%%

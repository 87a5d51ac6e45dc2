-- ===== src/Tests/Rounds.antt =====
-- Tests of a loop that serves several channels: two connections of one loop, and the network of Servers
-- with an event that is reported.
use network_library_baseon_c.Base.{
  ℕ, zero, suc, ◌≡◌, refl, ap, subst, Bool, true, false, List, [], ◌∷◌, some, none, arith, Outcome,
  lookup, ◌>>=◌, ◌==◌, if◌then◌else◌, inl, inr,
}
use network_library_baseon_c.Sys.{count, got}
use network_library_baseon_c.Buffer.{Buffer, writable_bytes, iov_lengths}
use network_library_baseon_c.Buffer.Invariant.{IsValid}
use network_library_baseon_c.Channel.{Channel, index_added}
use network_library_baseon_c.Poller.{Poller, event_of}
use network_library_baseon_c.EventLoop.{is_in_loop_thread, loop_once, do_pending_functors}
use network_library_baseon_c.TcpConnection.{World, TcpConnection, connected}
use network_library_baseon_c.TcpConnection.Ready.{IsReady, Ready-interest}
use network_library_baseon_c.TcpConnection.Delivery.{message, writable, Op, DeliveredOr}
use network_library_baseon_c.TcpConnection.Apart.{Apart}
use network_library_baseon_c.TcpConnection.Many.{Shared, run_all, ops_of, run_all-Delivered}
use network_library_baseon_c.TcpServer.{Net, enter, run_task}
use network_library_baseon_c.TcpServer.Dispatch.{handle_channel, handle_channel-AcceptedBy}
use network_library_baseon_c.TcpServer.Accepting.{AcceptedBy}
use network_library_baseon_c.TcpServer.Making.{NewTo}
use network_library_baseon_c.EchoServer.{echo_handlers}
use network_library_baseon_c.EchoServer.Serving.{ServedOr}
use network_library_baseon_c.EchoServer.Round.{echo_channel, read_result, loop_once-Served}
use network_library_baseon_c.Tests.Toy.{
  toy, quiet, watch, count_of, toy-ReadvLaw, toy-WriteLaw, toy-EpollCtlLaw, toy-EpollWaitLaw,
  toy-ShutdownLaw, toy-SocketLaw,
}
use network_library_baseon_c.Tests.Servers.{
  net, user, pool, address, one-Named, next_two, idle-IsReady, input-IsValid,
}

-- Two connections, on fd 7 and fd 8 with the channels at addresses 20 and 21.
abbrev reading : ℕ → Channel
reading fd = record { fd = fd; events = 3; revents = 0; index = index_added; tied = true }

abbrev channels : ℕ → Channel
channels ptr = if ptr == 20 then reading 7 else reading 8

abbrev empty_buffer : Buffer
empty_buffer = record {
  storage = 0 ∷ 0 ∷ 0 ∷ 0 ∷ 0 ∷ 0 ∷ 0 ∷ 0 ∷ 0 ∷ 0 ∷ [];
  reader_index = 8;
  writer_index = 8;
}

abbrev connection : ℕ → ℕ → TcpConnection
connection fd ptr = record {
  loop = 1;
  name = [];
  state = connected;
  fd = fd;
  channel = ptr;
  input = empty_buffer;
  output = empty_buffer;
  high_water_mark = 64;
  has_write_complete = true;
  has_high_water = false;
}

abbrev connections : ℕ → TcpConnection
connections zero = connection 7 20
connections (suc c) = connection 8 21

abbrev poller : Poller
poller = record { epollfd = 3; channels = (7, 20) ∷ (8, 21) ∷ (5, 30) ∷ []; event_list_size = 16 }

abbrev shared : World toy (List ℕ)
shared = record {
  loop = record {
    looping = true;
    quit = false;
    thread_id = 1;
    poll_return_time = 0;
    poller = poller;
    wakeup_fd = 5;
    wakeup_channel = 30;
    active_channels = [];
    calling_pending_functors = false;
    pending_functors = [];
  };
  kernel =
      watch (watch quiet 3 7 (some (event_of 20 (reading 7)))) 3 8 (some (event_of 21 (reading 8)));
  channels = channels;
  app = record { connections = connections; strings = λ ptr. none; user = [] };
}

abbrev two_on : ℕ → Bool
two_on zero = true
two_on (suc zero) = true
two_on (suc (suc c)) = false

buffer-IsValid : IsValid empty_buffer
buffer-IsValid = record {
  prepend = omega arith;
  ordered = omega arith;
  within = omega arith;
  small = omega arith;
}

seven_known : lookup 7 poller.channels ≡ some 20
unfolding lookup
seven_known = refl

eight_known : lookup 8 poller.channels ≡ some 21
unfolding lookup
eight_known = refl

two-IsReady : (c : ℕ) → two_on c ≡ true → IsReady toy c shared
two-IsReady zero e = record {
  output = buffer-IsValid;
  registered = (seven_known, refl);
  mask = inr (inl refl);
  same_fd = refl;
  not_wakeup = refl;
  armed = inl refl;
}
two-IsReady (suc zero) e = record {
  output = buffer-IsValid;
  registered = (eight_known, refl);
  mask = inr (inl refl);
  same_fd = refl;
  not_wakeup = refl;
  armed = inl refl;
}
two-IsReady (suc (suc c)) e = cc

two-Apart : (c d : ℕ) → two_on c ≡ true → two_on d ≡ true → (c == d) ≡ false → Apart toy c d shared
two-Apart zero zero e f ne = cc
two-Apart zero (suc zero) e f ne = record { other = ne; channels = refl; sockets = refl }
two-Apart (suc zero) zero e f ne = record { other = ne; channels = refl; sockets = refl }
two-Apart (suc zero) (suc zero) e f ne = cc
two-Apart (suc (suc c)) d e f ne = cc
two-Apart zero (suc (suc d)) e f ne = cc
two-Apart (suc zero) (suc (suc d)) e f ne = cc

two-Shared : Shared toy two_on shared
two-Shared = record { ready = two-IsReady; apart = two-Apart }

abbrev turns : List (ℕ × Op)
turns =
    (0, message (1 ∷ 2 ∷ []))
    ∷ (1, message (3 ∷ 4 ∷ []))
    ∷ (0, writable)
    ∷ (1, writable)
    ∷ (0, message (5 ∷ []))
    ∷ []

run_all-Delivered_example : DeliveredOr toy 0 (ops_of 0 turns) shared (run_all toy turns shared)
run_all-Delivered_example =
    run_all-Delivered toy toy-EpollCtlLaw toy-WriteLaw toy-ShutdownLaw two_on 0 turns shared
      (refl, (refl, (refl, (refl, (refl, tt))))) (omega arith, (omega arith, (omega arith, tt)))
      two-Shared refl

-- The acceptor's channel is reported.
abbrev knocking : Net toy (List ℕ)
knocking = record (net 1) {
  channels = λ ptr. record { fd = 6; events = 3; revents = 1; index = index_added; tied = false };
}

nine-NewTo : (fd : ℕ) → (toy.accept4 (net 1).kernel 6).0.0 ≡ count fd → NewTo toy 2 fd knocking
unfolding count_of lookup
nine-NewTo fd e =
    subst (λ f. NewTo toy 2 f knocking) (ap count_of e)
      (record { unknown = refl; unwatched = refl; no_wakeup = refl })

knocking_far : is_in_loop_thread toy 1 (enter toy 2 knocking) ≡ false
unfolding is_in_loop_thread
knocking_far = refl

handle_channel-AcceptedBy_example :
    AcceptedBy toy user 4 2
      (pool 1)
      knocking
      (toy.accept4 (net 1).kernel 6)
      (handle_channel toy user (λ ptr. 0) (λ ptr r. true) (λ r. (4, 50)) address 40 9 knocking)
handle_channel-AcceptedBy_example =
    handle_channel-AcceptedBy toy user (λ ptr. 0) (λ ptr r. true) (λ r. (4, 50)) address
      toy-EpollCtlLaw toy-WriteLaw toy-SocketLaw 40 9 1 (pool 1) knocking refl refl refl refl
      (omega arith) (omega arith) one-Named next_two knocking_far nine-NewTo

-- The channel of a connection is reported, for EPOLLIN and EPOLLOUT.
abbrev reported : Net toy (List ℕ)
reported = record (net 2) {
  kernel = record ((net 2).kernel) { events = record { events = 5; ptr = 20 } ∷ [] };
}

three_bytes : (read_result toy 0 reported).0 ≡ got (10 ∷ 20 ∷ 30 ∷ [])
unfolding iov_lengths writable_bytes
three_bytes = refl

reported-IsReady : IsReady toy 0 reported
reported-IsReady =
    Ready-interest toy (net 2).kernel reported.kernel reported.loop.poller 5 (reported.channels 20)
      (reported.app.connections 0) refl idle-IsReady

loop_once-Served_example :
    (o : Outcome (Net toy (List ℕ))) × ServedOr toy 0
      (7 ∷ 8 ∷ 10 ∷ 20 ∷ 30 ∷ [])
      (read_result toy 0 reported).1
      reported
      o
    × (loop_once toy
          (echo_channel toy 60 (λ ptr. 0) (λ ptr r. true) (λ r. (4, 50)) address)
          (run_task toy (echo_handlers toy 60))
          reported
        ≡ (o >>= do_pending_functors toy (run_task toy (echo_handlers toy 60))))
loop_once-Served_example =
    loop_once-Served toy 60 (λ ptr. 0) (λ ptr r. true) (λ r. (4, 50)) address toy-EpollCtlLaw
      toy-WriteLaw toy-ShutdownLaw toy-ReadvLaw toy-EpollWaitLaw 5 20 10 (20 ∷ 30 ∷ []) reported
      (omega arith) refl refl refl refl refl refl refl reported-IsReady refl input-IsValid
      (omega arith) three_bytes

%%

## Task item
Using the records above, select and copy every line that has the word "quiet".

## Solution to this problem
  toy, quiet, watch, count_of, toy-ReadvLaw, toy-WriteLaw, toy-EpollCtlLaw, toy-EpollWaitLaw,
      watch (watch quiet 3 7 (some (event_of 20 (reading 7)))) 3 8 (some (event_of 21 (reading 8)));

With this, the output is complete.